In un mondo del lavoro sempre più esigente e frenetico, il stress lavoro correlato rappresenta una problematica crescente. La legge impone alle aziende di effettuare una regolare valutazione del rischio stress lavoro correlato per proteggere la salute dei lavoratori.

Che cos’è lo stress lavoro correlato?

Lo stress lavoro-correlato è uno stato di tensione fisica o emotiva che può derivare da vari fattori presenti nel contesto lavorativo. Ciò include carichi di lavoro elevati, scarse opportunità di crescita professionale, ambiguità nelle mansioni o mancanza di supporto sociale sul posto di lavoro.

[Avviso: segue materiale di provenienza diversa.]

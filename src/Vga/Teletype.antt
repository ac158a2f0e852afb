-- ===== src/Vga/Teletype.antt =====
-- The boot screen does what a terminal of white text does.
use lunaria_os.Base.{
  ℕ, zero, suc, ◌+◌, ◌*◌, ◌<◌, ◌≡◌, refl, ap, sym, ◌∙◌, List, [], ◌∷◌, Bool, true, Bytes, write,
  ltb, ◌==◌, if◌then◌else◌, arith, Bool-cases, inl, inr,
}
use lunaria_os.Base.Table.{holds_under, holds_under_lem}
use lunaria_os.Terminal.{
  Terminal, white, term_putchar, term_print_color, place, advance, scroll_up, blank, term_scroll,
}
use lunaria_os.Wm.{swap_colors}
use lunaria_os.Vga.{
  Screen, put, scroll, putchar, print, clear_cells, move_rows, flip_cell, block_show, block_hide,
  hide,
}

-- the terminal that a screen amounts to
abbrev pub as_terminal : Screen → Terminal
as_terminal s = record {
  cursor_x = s.cursor_x;
  cursor_y = s.cursor_y;
  cells = s.vga;
  color = white;
  buf = λ j. 0;
  len = 0;
  prompt = 0;
}

move_rows_lem : (n i : ℕ) (m : Bytes) → move_rows n i m ≡ scroll_up n i m
unfolding move_rows scroll_up
move_rows_lem zero i m = refl
move_rows_lem (suc n) i m = move_rows_lem n (i + 1) (write m i (m (i + 160)))

clear_cells_lem : (color n i : ℕ) (m : Bytes) → clear_cells color n i m ≡ blank color n i m
unfolding clear_cells blank
clear_cells_lem color zero i m = refl
clear_cells_lem color (suc n) i m =
    clear_cells_lem color n (i + 2) (write (write m i 32) (i + 1) color)

scroll_same : (s : Screen) → as_terminal (scroll s) ≡ term_scroll (as_terminal s)
unfolding scroll term_scroll
scroll_same s =
    ap (λ (m : Bytes). record (as_terminal s) { cells = m; cursor_y = 24 })
      (clear_cells_lem 15 80 3840 (move_rows 3840 0 s.vga)
        ∙ ap (blank 15 80 3840) (move_rows_lem 3840 0 s.vga))

put_same : (s : Screen) (c color : ℕ) → as_terminal (put s c color) ≡ place (as_terminal s) c color
unfolding put place advance
put_same s c color = ground arith

-- the test for scrolling
settle : Terminal → Terminal
settle t = if ltb 24 t.cursor_y then term_scroll t else t

settle_same :
    (s : Screen) → as_terminal (if ltb 24 s.cursor_y then scroll s else s) ≡ settle (as_terminal s)
unfolding settle
settle_same s = elim (Bool-cases (ltb 24 s.cursor_y)) [
  | inl e ↦
      ap (λ (b : Bool). as_terminal (if b then scroll s else s)) e
      ∙ scroll_same s
      ∙ sym (ap (λ (b : Bool). if b then term_scroll (as_terminal s) else as_terminal s) e)
  | inr e ↦
      ap (λ (b : Bool). as_terminal (if b then scroll s else s)) e
      ∙ sym (ap (λ (b : Bool). if b then term_scroll (as_terminal s) else as_terminal s) e)
]

putchar_same :
    (s : Screen) (c color : ℕ)
    → as_terminal (putchar s c color) ≡ term_putchar (as_terminal s) c color
unfolding putchar term_putchar settle
putchar_same s c color = settle_same (put s c color) ∙ ap settle (put_same s c color)

-- Printing a string on the boot screen does to the buffer and the caret what `term_print_color` does
-- to a terminal whose own colour is white on black.
pub print-term_print_color :
    (s : Screen) (str : List ℕ) (color : ℕ)
    → as_terminal (print s str color) ≡ term_print_color (as_terminal s) str color
unfolding print term_print_color
print-term_print_color s [] color = refl
print-term_print_color s (c ∷ str) color = elim (Bool-cases (c == 0)) [
  | inl e ↦ ground (arith, e)
  | inr e ↦ ground (
    arith,
    e,
    print-term_print_color (putchar s c color) str color,
    ap (λ (t : Terminal). term_print_color t str color) (putchar_same s c color),
  )
]

-- A byte with its halves exchanged twice.
swap_table : holds_under 256 (λ b. swap_colors (swap_colors b) == b) ≡ true
unfolding holds_under swap_colors
swap_table = refl

-- Showing the block and hiding it restores every byte of the buffer, wherever the caret is.
pub hide-show :
    (s : Screen) (j : ℕ) → ((k : ℕ) → s.vga k < 256) → (block_hide (block_show s)).vga j ≡ s.vga j
unfolding block_hide block_show hide flip_cell
hide-show s j bytes = ground (
  arith,
  holds_under_lem 256 (λ b. swap_colors (swap_colors b) == b)
      (s.vga ((s.cursor_y * 80 + s.cursor_x) * 2 + 1)) swap_table (bytes _),
  ap s.vga here,
)
  where
    here : j ≡ (
        if j == (s.cursor_y * 80 + s.cursor_x) * 2 + 1
        then (s.cursor_y * 80 + s.cursor_x) * 2 + 1
        else j)
    here = ground arith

La normativa sullo stress-lavoro-correlato

A livello legislativo, la valutazione del rischio dello stress-lavoro-correlato è divenuta un obbligo con l’introduzione dell’Accordo Stato-Regioni del 21 dicembre 2011. Questa disposizione impone a tutte le aziende di prevenire e ridurre il rischio stress lavoro correlato attraverso misure specifiche.

L’importanza della valutazione

La valutazione del rischio stress lavoro correlato non è solo un obbligo legale, ma rappresenta anche un importante strumento per migliorare la qualità del lavoro e l’efficienza dell’organizzazione. Essa permette di individuare tempestivamente eventuali situazioni a rischio e di elaborare strategie efficaci per prevenirle o gestirle.

Come si effettua la valutazione?

La procedura di valutazione dello stress-lavoro-correlato comprende diverse fasi: la raccolta delle informazioni sul contesto lavorativo, l’analisi dei dati, l’identificazione delle possibili cause dello stress e l’elaborazione di un piano d’intervento per fronteggiarle.

In conclusione, la valutazione del rischio stress da lavoro correlato non può essere trascurata dalle aziende che vogliono garantire il benessere dei propri dipendenti. Non solo perché è un dovere legale, ma anche perché contribuisce a creare un ambiente di lavoro più sereno ed efficiente.